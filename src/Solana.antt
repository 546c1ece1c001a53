-- ===== src/Solana.antt =====
-- The Solana clients of backend/app/clients.
pub mod Rpc
pub mod Classify
pub mod Instruction
pub mod Keys
pub mod Executor
pub mod Signer
pub mod Ws
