-- ===== src/Waeio/Requeueing.antt =====
-- src/waeio.c: the first loop of a round, one fiber at a time.
use waeio.Prelude.{
  ℕ, ◌≡◌, refl, ◌∙◌, Bool, true, false, ℤ, pos, List, [], ◌∷◌, Option, some, if◌then◌else◌, Outcome,
  done, ◌>>=◌,
}
use waeio.Wasio.Table.{State}
use waeio.Waeio.{
  Cmd, FiberResult, fiber_yield, suspend, FiberClosure, Queue, nil, wild, node, Fibers, Ctl,
  enqueue, queue_push, handle_cmd, handle_request, resume, run_ready, status_variable,
  queue_is_empty, queue_pop,
}

-- The fibers of a queue, from its head.
unfoldable pub queued : Queue → List ℕ
queued nil = []
queued wild = []
queued (node clo q) = clo.fiber ∷ queued q

unfoldable pub reverse_onto : List ℕ → List ℕ → List ℕ
reverse_onto [] ys = ys
reverse_onto (x ∷ xs) ys = reverse_onto xs (x ∷ ys)

-- A queue that ends with NULL.
unfoldable pub IsEnded : Queue → Type 0
IsEnded nil = Unit {0}
IsEnded wild = ⊥
IsEnded (node clo q) = IsEnded q

module _ {W M : Type 0} (lib : Fibers W M) where
  -- Each fiber suspends itself whenever it is resumed.
  unfoldable pub AllSuspend : Type 0
  AllSuspend =
      (m : M) (w : State W) (fiber : ℕ) (arg : ℤ)
      → ((lib.fiber_resume m w fiber arg).status ≡ fiber_yield)
        × ((lib.fiber_resume m w fiber arg).payload.tag ≡ suspend)

  -- `ctl` after the fiber of `clo` was resumed, with `q` left in the front queue.
  abbrev pub resumed : Ctl W M → FiberClosure → Queue → Ctl W M
  resumed ctl clo q = record ctl {
    frontq = q;
    wasio = (lib.fiber_resume ctl.memory ctl.wasio clo.fiber clo.arg).wasio;
    memory = (lib.fiber_resume ctl.memory ctl.wasio clo.fiber clo.arg).memory;
  }

  -- Where the loop goes after the request of one fiber has been handled.
  abbrev pub continue :
      Queue → FiberResult → Bool × Ctl W M → Outcome (Bool × Option FiberResult × Ctl W M)
  continue q status next =
      let rest = run_ready lib q next.1 (some status) in
      if next.0 then rest else done (false, some status, next.1)

  pub run_ready-node :
      (clo : FiberClosure) (q : Queue) (ctl : Ctl W M) (status : Option FiberResult)
      (r : FiberResult) (cmd : Cmd)
      → (lib.fiber_resume ctl.memory ctl.wasio clo.fiber clo.arg).status ≡ r
      → (lib.fiber_resume ctl.memory ctl.wasio clo.fiber clo.arg).payload ≡ cmd
      → run_ready lib (node clo q) ctl status
        ≡ (handle_request lib (resumed ctl clo q) clo.fiber r cmd >>= continue q r)
  unfolding run_ready resume
  run_ready-node clo q ctl status r cmd e f = rw (e, f)

  -- `run_ready` is the loop of the code: it asks `queue_is_empty`, and its body pops one node, resumes
  -- the fiber and handles the request.
  pub run_ready-loop :
      (q : Queue) (ctl : Ctl W M) (status : Option FiberResult)
      → run_ready lib q ctl status ≡ (
          queue_is_empty q >>= λ empty.
          if empty
          then done (true, status, ctl)
          else (queue_pop q >>= λ p.
              resume lib (record ctl { frontq = p.1 }) p.0.fiber p.0.arg status_variable >>= λ r.
              handle_request lib r.2 p.0.fiber r.0 r.1 >>= continue p.1 r.0))
  unfolding run_ready queue_is_empty queue_pop
  run_ready-loop nil ctl status = refl
  run_ready-loop wild ctl status = refl
  run_ready-loop (node clo q) ctl status = refl

  -- A fiber that suspends itself is put behind NULL as its argument on the rear queue.
  abbrev requeued : Ctl W M → FiberClosure → Queue → Ctl W M
  requeued ctl clo q = record (resumed ctl clo q) {
    rearq = node (record { fiber = clo.fiber; arg = pos 0 }) ctl.rearq;
  }

  run_ready-suspend :
      (clo : FiberClosure) (q : Queue) (ctl : Ctl W M) (status : Option FiberResult)
      → AllSuspend
      → run_ready lib (node clo q) ctl status
        ≡ run_ready lib q (requeued ctl clo q) (some fiber_yield)
  unfolding AllSuspend handle_request handle_cmd enqueue queue_push
  run_ready-suspend clo q ctl status all =
      let here = all ctl.memory ctl.wasio clo.fiber clo.arg in
      run_ready-node clo q ctl status _ _ here.0 refl ∙ rw here.1

  -- The first loop of a round in which each fiber suspends itself.
  pub record Requeued (q : Queue) (ctl : Ctl W M) (status : Option FiberResult) : Type 0 where
    pub last : Option FiberResult
    pub after : Ctl W M
    pub returns : run_ready lib q ctl status ≡ done (true, last, after)
    pub reversed : queued after.rearq ≡ reverse_onto (queued q) (queued ctl.rearq)
    pub ended : IsEnded after.rearq
    pub emptied : after.frontq ≡ nil
    pub same_nconns : after.nconns ≡ ctl.nconns

  pub run_ready_suspends :
      (q : Queue) (ctl : Ctl W M) (status : Option FiberResult)
      → AllSuspend
      → IsEnded q
      → IsEnded ctl.rearq
      → ctl.frontq ≡ q
      → Requeued q ctl status
  unfolding queued reverse_onto IsEnded run_ready
  run_ready_suspends nil ctl status all ended rear front = record {
    last = status;
    after = ctl;
    returns = refl;
    reversed = refl;
    ended = rear;
    emptied = front;
    same_nconns = refl;
  }
  run_ready_suspends wild ctl status all ended rear front = absurd ended
  run_ready_suspends (node clo q) ctl status all ended rear front =
      let x = run_ready_suspends q (requeued ctl clo q) (some fiber_yield) all ended rear refl in
      record {
        last = x.last;
        after = x.after;
        returns = run_ready-suspend clo q ctl status all ∙ x.returns;
        reversed = x.reversed;
        ended = x.ended;
        emptied = x.emptied;
        same_nconns = x.same_nconns;
      }
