-- ===== src/Waeio/Requests.antt =====
-- src/waeio.c: what `handle_request` does for each request, and the first loop of a round.
use waeio.Prelude.{
  ap, sym, ℕ, ◌≡◌, ◌≢◌, ◌<◌, ◌++◌, refl, ◌∙◌, arith, Bool, true, false, ℤ, pos, List, [], ◌∷◌,
  length, get_or, set, length-set, get_or-set_ne, sub32, to_u32, Outcome, done, aborted,
  write_in_range,
}
use waeio.Wasio.Table.{State, unused, wasio_notify_recv, wasio_notify_send}
use waeio.Wasio.Table.Invariant.{IsTable}
use waeio.Wasio.Table.Notify.{watching, watching-IsTable, notify_lem}
use waeio.Waeio.{
  CmdTag, accept, async, suspend, recv, send, quit, Cmd, io_cmd, cmd_arg, cmd_entry, FiberResult,
  fiber_ok, fiber_error, fiber_yield, Fibers, Ctl, with_wasio, enqueue, queue_push, handle_cmd,
  handle_request,
}
use waeio.Waeio.Requeueing.{queued, IsEnded}

-- The tags of the commands that wait for a descriptor, with the mask that each waits for.
pub data Waits {W : Type 0} (w : State W) : CmdTag → ℕ → Type 0 where
  accepts : Waits w accept w.pollin
  receives : Waits w recv w.pollin
  sends : Waits w send w.pollout

-- The arrays of `ctl` have an entry for each virtual descriptor.
pub record IsCtl {W M : Type 0} (ctl : Ctl W M) : Type 0 where
  pub table : IsTable ctl.wasio.wfd
  pub capacity_is : ctl.wasio.wfd.capacity ≡ ctl.max_conns
  pub room : length ctl.fibers ≡ ctl.max_conns

-- Only QUIT stops the scheduler.
unfoldable pub goes_on : FiberResult → CmdTag → Bool
goes_on fiber_yield quit = false
goes_on fiber_yield tag = true
goes_on fiber_ok tag = true
goes_on fiber_error tag = true

Waits-goes_on :
    {W : Type 0} {w : State W} {tag : CmdTag} {mask : ℕ}
    → Waits w tag mask
    → goes_on fiber_yield tag ≡ true
unfolding goes_on
Waits-goes_on accepts = refl
Waits-goes_on receives = refl
Waits-goes_on sends = refl

module _ {W M : Type 0} (lib : Fibers W M) where
  handle_request-Waits :
      (ctl : Ctl W M) (yieldee : ℕ) (cmd : Cmd) (tag : CmdTag) (mask e : ℕ)
      → IsTable ctl.wasio.wfd
      → Waits ctl.wasio tag mask
      → cmd.tag ≡ tag
      → to_u32 (cmd_arg cmd) ≡ e
      → e < ctl.wasio.wfd.capacity
      → handle_request lib ctl yieldee fiber_yield cmd
        ≡ done (true, with_wasio ctl (record (ctl.wasio) { wfd = watching ctl.wasio.wfd e mask }))
  unfolding handle_request handle_cmd wasio_notify_recv wasio_notify_send
  handle_request-Waits ctl yieldee cmd _ mask e t accepts q r below =
      rw (q, r, notify_lem ctl.wasio t e mask below)
  handle_request-Waits ctl yieldee cmd _ mask e t receives q r below =
      rw (q, r, notify_lem ctl.wasio t e mask below)
  handle_request-Waits ctl yieldee cmd _ mask e t sends q r below =
      rw (q, r, notify_lem ctl.wasio t e mask below)

  -- A command that waits for `vfd`, built the way that `waeio_accept`, `waeio_recv` and `waeio_send`
  -- build it, where the unset word of the union names a descriptor of a table that satisfies the
  -- invariant: the request is handled, and the poll entry of every descriptor but the one that the
  -- unset word names stays as it was, whatever `vfd` is.
  pub handle_request_unset :
      (ctl : Ctl W M) (yieldee : ℕ) (tag : CmdTag) (mask : ℕ) (vfd unset : ℤ)
      → IsTable ctl.wasio.wfd
      → Waits ctl.wasio tag mask
      → to_u32 unset < ctl.wasio.wfd.capacity
      → (after : Ctl W M) × (handle_request lib ctl yieldee fiber_yield (io_cmd tag vfd unset)
          ≡ done (true, after))
        × ((j : ℕ)
            → to_u32 unset ≢ j
            → get_or after.wasio.wfd.vfds j unused ≡ get_or ctl.wasio.wfd.vfds j unused)
  handle_request_unset ctl yieldee tag mask vfd unset t w below = (
    with_wasio ctl (record (ctl.wasio) { wfd = watching ctl.wasio.wfd (to_u32 unset) mask }),
    handle_request-Waits ctl yieldee (io_cmd tag vfd unset) tag mask (to_u32 unset) t w refl refl
        below,
    λ j ne. get_or-set_ne ctl.wasio.wfd.vfds (to_u32 unset) j _ unused ne,
  )

  -- The count of connections after a fiber has stopped with an outcome.
  pub count_after : FiberResult → ℕ → ℕ
  count_after fiber_ok n = sub32 n 1
  count_after fiber_error n = n
  count_after fiber_yield n = n

  -- A request that is handled: no fiber leaves the queues, and the count of connections changes
  -- only when a fiber has finished.
  pub record Kept (ctl : Ctl W M) (status : FiberResult) (after : Ctl W M) : Type 0 where
    pub invariant : IsCtl after
    pub same_front : after.frontq ≡ ctl.frontq
    pub same_max : after.max_conns ≡ ctl.max_conns
    pub added : List ℕ
    pub rear_is : queued after.rearq ≡ added ++ queued ctl.rearq
    pub ended : IsEnded ctl.rearq → IsEnded after.rearq
    pub count_is : after.nconns ≡ count_after status ctl.nconns

  pub data Handled (ctl : Ctl W M) (status : FiberResult) (cmd : Cmd)
      : Outcome (Bool × Ctl W M) → Type 0 where
    aborts : status ≡ fiber_error → Handled ctl status cmd aborted
    keeps :
        (keep_going : Bool) (after : Ctl W M)
        → Kept ctl status after
        → keep_going ≡ goes_on status cmd.tag
        → Handled ctl status cmd (done (keep_going, after))

  spawned : Ctl W M → ℕ → Cmd → Ctl W M
  unfolding enqueue queue_push
  spawned ctl yieldee cmd =
      let child = lib.fiber_alloc ctl.memory (cmd_entry cmd) in
      enqueue
        (enqueue
          (record ctl { fibers = set ctl.fibers (to_u32 (cmd_arg cmd)) child.0; memory = child.1 })
          child.0 (pos (to_u32 (cmd_arg cmd))))
        yieldee (pos 0)

  Waits-Handled :
      (ctl : Ctl W M) (yieldee : ℕ) (cmd : Cmd) (tag : CmdTag) (mask : ℕ)
      → IsCtl ctl
      → Waits ctl.wasio tag mask
      → cmd.tag ≡ tag
      → to_u32 (cmd_arg cmd) < ctl.max_conns
      → Handled ctl fiber_yield cmd (handle_request lib ctl yieldee fiber_yield cmd)
  unfolding count_after
  Waits-Handled ctl yieldee cmd tag mask c w q below =
      let inside : to_u32 (cmd_arg cmd) < ctl.wasio.wfd.capacity =
        omega (arith, below, c.capacity_is) in
      rw
        (handle_request-Waits ctl yieldee cmd tag mask (to_u32 (cmd_arg cmd)) c.table w q refl
          inside)
        (keeps true _
          (record {
            invariant = record {
              table = watching-IsTable c.table (to_u32 (cmd_arg cmd)) mask inside;
              capacity_is = c.capacity_is;
              room = c.room;
            };
            same_front = refl;
            same_max = refl;
            added = [];
            rear_is = refl;
            ended = λ e. e;
            count_is = refl;
          })
          (sym (ap (λ t. goes_on fiber_yield t) q ∙ Waits-goes_on w)))

  yield-Handled :
      (ctl : Ctl W M) (yieldee : ℕ) (cmd : Cmd) (tag : CmdTag)
      → IsCtl ctl
      → cmd.tag ≡ tag
      → to_u32 (cmd_arg cmd) < ctl.max_conns
      → Handled ctl fiber_yield cmd (handle_request lib ctl yieldee fiber_yield cmd)
  unfolding goes_on handle_request handle_cmd enqueue queue_push queued IsEnded count_after spawned
  yield-Handled ctl yieldee cmd accept c q below =
      Waits-Handled ctl yieldee cmd accept ctl.wasio.pollin c accepts q below
  yield-Handled ctl yieldee cmd recv c q below =
      Waits-Handled ctl yieldee cmd recv ctl.wasio.pollin c receives q below
  yield-Handled ctl yieldee cmd send c q below =
      Waits-Handled ctl yieldee cmd send ctl.wasio.pollout c sends q below
  yield-Handled ctl yieldee cmd suspend c q below = rw q (
      keeps true _
        (record {
          invariant = record { table = c.table; capacity_is = c.capacity_is; room = c.room };
          same_front = refl;
          same_max = refl;
          added = yieldee ∷ [];
          rear_is = refl;
          ended = λ e. e;
          count_is = refl;
        })
        refl)
  yield-Handled ctl yieldee cmd quit c q below = rw q (
      keeps false ctl
        (record {
          invariant = c;
          same_front = refl;
          same_max = refl;
          added = [];
          rear_is = refl;
          ended = λ e. e;
          count_is = refl;
        })
        refl)
  yield-Handled ctl yieldee cmd async c q below =
      let child = (lib.fiber_alloc ctl.memory (cmd_entry cmd)).0 in
      rw (q, write_in_range ctl.fibers (to_u32 (cmd_arg cmd)) child (omega (arith, below, c.room)))
        (keeps true (spawned ctl yieldee cmd)
          (record {
            invariant = record {
              table = c.table;
              capacity_is = c.capacity_is;
              room = length-set ctl.fibers (to_u32 (cmd_arg cmd)) child ∙ c.room;
            };
            same_front = refl;
            same_max = refl;
            added = yieldee ∷ child ∷ [];
            rear_is = refl;
            ended = λ e. e;
            count_is = refl;
          })
          refl)

  -- From a state with the invariant, when the word that the code takes for the descriptor of a
  -- command is one of the table's, no request makes an access out of range: `handle_request` aborts
  -- for a fiber that failed; otherwise it returns, and tells the scheduler to stop exactly when a
  -- fiber yielded QUIT. The arrays keep their sizes and the table its invariant, the front queue
  -- stays, the rear queue keeps its fibers, and the count of connections falls by one if a fiber
  -- finished and stays if it yielded.
  pub handle_request-Handled :
      (ctl : Ctl W M) (yieldee : ℕ) (status : FiberResult) (cmd : Cmd)
      → IsCtl ctl
      → to_u32 (cmd_arg cmd) < ctl.max_conns
      → Handled ctl status cmd (handle_request lib ctl yieldee status cmd)
  unfolding handle_request count_after goes_on
  handle_request-Handled ctl yieldee fiber_ok cmd c below =
      keeps true _
        (record {
          invariant = record { table = c.table; capacity_is = c.capacity_is; room = c.room };
          same_front = refl;
          same_max = refl;
          added = [];
          rear_is = refl;
          ended = λ e. e;
          count_is = refl;
        })
        refl
  handle_request-Handled ctl yieldee fiber_error cmd c below = aborts refl
  handle_request-Handled ctl yieldee fiber_yield cmd c below =
      yield-Handled ctl yieldee cmd cmd.tag c refl below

***

Report every line of the preceding listing where the string "watching" occurs.

use waeio.Wasio.Table.Notify.{watching, watching-IsTable, notify_lem}
        ≡ done (true, with_wasio ctl (record (ctl.wasio) { wfd = watching ctl.wasio.wfd e mask }))
    with_wasio ctl (record (ctl.wasio) { wfd = watching ctl.wasio.wfd (to_u32 unset) mask }),
              table = watching-IsTable c.table (to_u32 (cmd_arg cmd)) mask inside;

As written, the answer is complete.